- [Work required] Look below for the line that has "convert_all-answers id o []". Set down the lines from there through the line that has "convert_results-answers id o results []", exactly as written.

- [Information shown]
Content starts

-- ===== src/Anthropic/Convert/Answers.antt =====
-- What Anthropic requires of a request: the calls of a turn are answered in the message behind it.
use kern_proxy.Base.{
  ◌≡◌, refl, sym, ap, ◌∙◌, Bool, true, false, ◌||◌, Option, none, some, List, [], ◌∷◌, ◌++◌, String,
  ◌=ₛ◌, arith, items, Bool-cases, inl, inr,
}
use kern_proxy.Messages.{
  AssistantPart, AssistantMessage, ThinkingContent, UserMessage, Message, UserPart,
}
use kern_proxy.Transform.Orphans.{tool_calls}
use kern_proxy.Transform.Orphans.Settled.{IsSettled, answered, has_call}
use kern_proxy.Transform.Blocks.{is_blank}
use kern_proxy.Anthropic.Convert.{
  Block, WireBlock, Content, Role, WireMessage, Options, convert_user_blocks, convert_thinking,
  convert_assistant_blocks, blocks_message, convert_user, convert_all, convert_results,
  results_message, tool_result_block,
}

abbrev pub use_id : String → Block → Bool
use_id id (Block.tool_use i _ _) = i =ₛ id
use_id id _ = false

abbrev pub result_id : String → Block → Bool
result_id id (Block.tool_result i _ _) = i =ₛ id
result_id id _ = false

-- A block calls a tool with the id.
abbrev pub calls : String → List WireBlock → Bool
calls id [] = false
calls id (b ∷ bs) = use_id id b.block || calls id bs

-- A block is a result for the id.
abbrev pub has_result : String → List WireBlock → Bool
has_result id [] = false
has_result id (b ∷ bs) = result_id id b.block || has_result id bs

abbrev pub content_calls : String → Content → Bool
content_calls id (Content.plain _) = false
content_calls id (Content.blocks bs) = calls id bs

abbrev pub content_has_result : String → Content → Bool
content_has_result id (Content.plain _) = false
content_has_result id (Content.blocks bs) = has_result id bs

-- The first message is one of the user, with a result for the id.
abbrev pub answers : String → List WireMessage → Bool
answers id [] = false
answers id (w ∷ ws) = elim w.role [
  | Role.user ↦ content_has_result id w.content
  | Role.assistant ↦ false
]

-- Every call is answered in the message behind it.
abbrev pub AllAnswered : List WireMessage → Type 0
AllAnswered [] = Unit
AllAnswered (w ∷ ws) =
    ((id : String) → content_calls id w.content ≡ true → answers id ws ≡ true) × AllAnswered ws

calls-append :
    (id : String) (bs cs : List WireBlock) → calls id (bs ++ cs) ≡ (calls id bs || calls id cs)
calls-append id [] cs = refl
calls-append id (b ∷ bs) cs = ground (arith, calls-append id bs cs)

has_result-append :
    (id : String) (bs cs : List WireBlock)
    → has_result id (bs ++ cs) ≡ (has_result id bs || has_result id cs)
has_result-append id [] cs = refl
has_result-append id (b ∷ bs) cs = ground (arith, has_result-append id bs cs)

calls-thinking :
    (id : String) (o : Options) (t : ThinkingContent) → calls id (convert_thinking o t) ≡ false
unfolding convert_thinking
calls-thinking id o t = ground arith

-- No call is added.
calls-has_call :
    (id : String) (o : Options) (bs : List AssistantPart)
    → calls id (convert_assistant_blocks o bs) ≡ has_call id (tool_calls bs)
unfolding convert_assistant_blocks tool_calls
calls-has_call id o [] = refl
calls-has_call id o (AssistantPart.text t ∷ bs) = elim (Bool-cases (is_blank t.text)) [
  | inl e ↦ rw e (calls-has_call id o bs)
  | inr e ↦ rw e (calls-has_call id o bs)
]
calls-has_call id o (AssistantPart.thinking t ∷ bs) =
    calls-append id (convert_thinking o t) _ ∙ rw calls-thinking (calls-has_call id o bs)
calls-has_call id o (AssistantPart.tool_call c ∷ bs) =
    ap (λ r. c.id =ₛ id || r) (calls-has_call id o bs)

calls-user : (id : String) (bs : List UserPart) → calls id (convert_user_blocks bs) ≡ false
unfolding convert_user_blocks
calls-user id [] = refl
calls-user id (UserPart.text t ∷ bs) = ground (arith, calls-user id bs)
calls-user id (UserPart.image i ∷ bs) = calls-user id bs

-- A message that calls nothing stands in front.
quiet-AllAnswered :
    (w : WireMessage) (ws : List WireMessage)
    → ((id : String) → content_calls id w.content ≡ false)
    → AllAnswered ws
    → AllAnswered (w ∷ ws)
quiet-AllAnswered w ws h k = (λ id c. absurd (ground (arith, h id)), k)

blocks_message-AllAnswered :
    (role : Role) (bs : List WireBlock) (ws : List WireMessage)
    → ((id : String) → calls id bs ≡ true → answers id ws ≡ true)
    → AllAnswered ws
    → AllAnswered (blocks_message role bs ++ ws)
blocks_message-AllAnswered role [] ws h k = k
blocks_message-AllAnswered role (b ∷ bs) ws h k = (h, k)

user-AllAnswered :
    (o : Option String) (m : UserMessage) (ws : List WireMessage)
    → AllAnswered ws
    → AllAnswered (convert_user o m ++ ws)
user-AllAnswered none m ws k =
    blocks_message-AllAnswered Role.user (convert_user_blocks (items m.content.blocks)) ws
      (λ id c. absurd (ground (arith, calls-user id (items m.content.blocks)))) k
user-AllAnswered (some t) m ws k = elim (Bool-cases (is_blank t)) [
  | inl e ↦ rw e k
  | inr e ↦
      rw e (
        quiet-AllAnswered (record { role = Role.user; content = Content.plain t }) ws (λ id. refl)
          k)
]

mutual
  unfolding convert_all convert_results

  convert_all-answers :
      (id : String) (o : Options) (ms : List Message)
      → answered id ms ≡ true
      → answers id (convert_all o ms) ≡ true
  convert_all-answers id o [] h = ground arith
  convert_all-answers id o (Message.user m ∷ ms) h = ground arith
  convert_all-answers id o (Message.assistant m ∷ ms) h = ground arith
  convert_all-answers id o (Message.tool_result m ∷ ms) h =
      convert_results-answers id o (tool_result_block m ∷ []) ms (ground arith)

  convert_results-answers :
      (id : String) (o : Options) (results : List WireBlock) (ms : List Message)
      → (has_result id results || answered id ms) ≡ true
      → answers id (convert_results o results ms) ≡ true
  convert_results-answers id o results [] h = ground arith
  convert_results-answers id o results (Message.user m ∷ ms) h = ground arith
  convert_results-answers id o results (Message.assistant m ∷ ms) h = ground arith
  convert_results-answers id o results (Message.tool_result m ∷ ms) h =
      convert_results-answers id o (results ++ tool_result_block m ∷ []) ms
        (ground (arith, has_result-append id results (tool_result_block m ∷ [])))

assistant-AllAnswered :
    (o : Options) (m : AssistantMessage) (ms : List Message)
    → ((id : String) → has_call id (tool_calls (items m.content)) ≡ true → answered id ms ≡ true)
    → AllAnswered (convert_all o ms)
    → AllAnswered (
        blocks_message Role.assistant (convert_assistant_blocks o (items m.content))
        ++ convert_all o ms)
assistant-AllAnswered o m ms h k =
    blocks_message-AllAnswered Role.assistant (convert_assistant_blocks o (items m.content))
      (convert_all o ms)
      (λ id c. convert_all-answers id o ms (h id (sym (calls-has_call id o (items m.content)) ∙ c)))
      k

mutual
  unfolding convert_all convert_results

  pub convert_all-AllAnswered :
      (o : Options) (ms : List Message) → IsSettled ms → AllAnswered (convert_all o ms)
  convert_all-AllAnswered o [] h = tt
  convert_all-AllAnswered o (Message.user m ∷ ms) h =
      user-AllAnswered m.content.plain m _ (convert_all-AllAnswered o ms h)
  convert_all-AllAnswered o (Message.assistant m ∷ ms) h =
      assistant-AllAnswered o m ms h.1 (convert_all-AllAnswered o ms h.2)
  convert_all-AllAnswered o (Message.tool_result m ∷ ms) h =
      convert_results-AllAnswered o (tool_result_block m ∷ []) ms (λ id. refl) h

  convert_results-AllAnswered :
      (o : Options) (results : List WireBlock) (ms : List Message)
      → ((id : String) → calls id results ≡ false)
      → IsSettled ms
      → AllAnswered (convert_results o results ms)
  convert_results-AllAnswered o results [] q h = quiet-AllAnswered (results_message results) [] q tt
  convert_results-AllAnswered o results (Message.user m ∷ ms) q h =
      quiet-AllAnswered (results_message results) _ q
        (user-AllAnswered m.content.plain m _ (convert_all-AllAnswered o ms h))
  convert_results-AllAnswered o results (Message.assistant m ∷ ms) q h =
      quiet-AllAnswered (results_message results) _ q
        (assistant-AllAnswered o m ms h.1 (convert_all-AllAnswered o ms h.2))
  convert_results-AllAnswered o results (Message.tool_result m ∷ ms) q h =
      convert_results-AllAnswered o (results ++ tool_result_block m ∷ []) ms
        (λ id. calls-append id results _ ∙ rw q refl) h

Content ends

- [Solution to this exercise]
  convert_all-answers id o [] h = ground arith
  convert_all-answers id o (Message.user m ∷ ms) h = ground arith
  convert_all-answers id o (Message.assistant m ∷ ms) h = ground arith
  convert_all-answers id o (Message.tool_result m ∷ ms) h =
      convert_results-answers id o (tool_result_block m ∷ []) ms (ground arith)

  convert_results-answers :
      (id : String) (o : Options) (results : List WireBlock) (ms : List Message)
      → (has_result id results || answered id ms) ≡ true
      → answers id (convert_results o results ms) ≡ true
  convert_results-answers id o results [] h = ground arith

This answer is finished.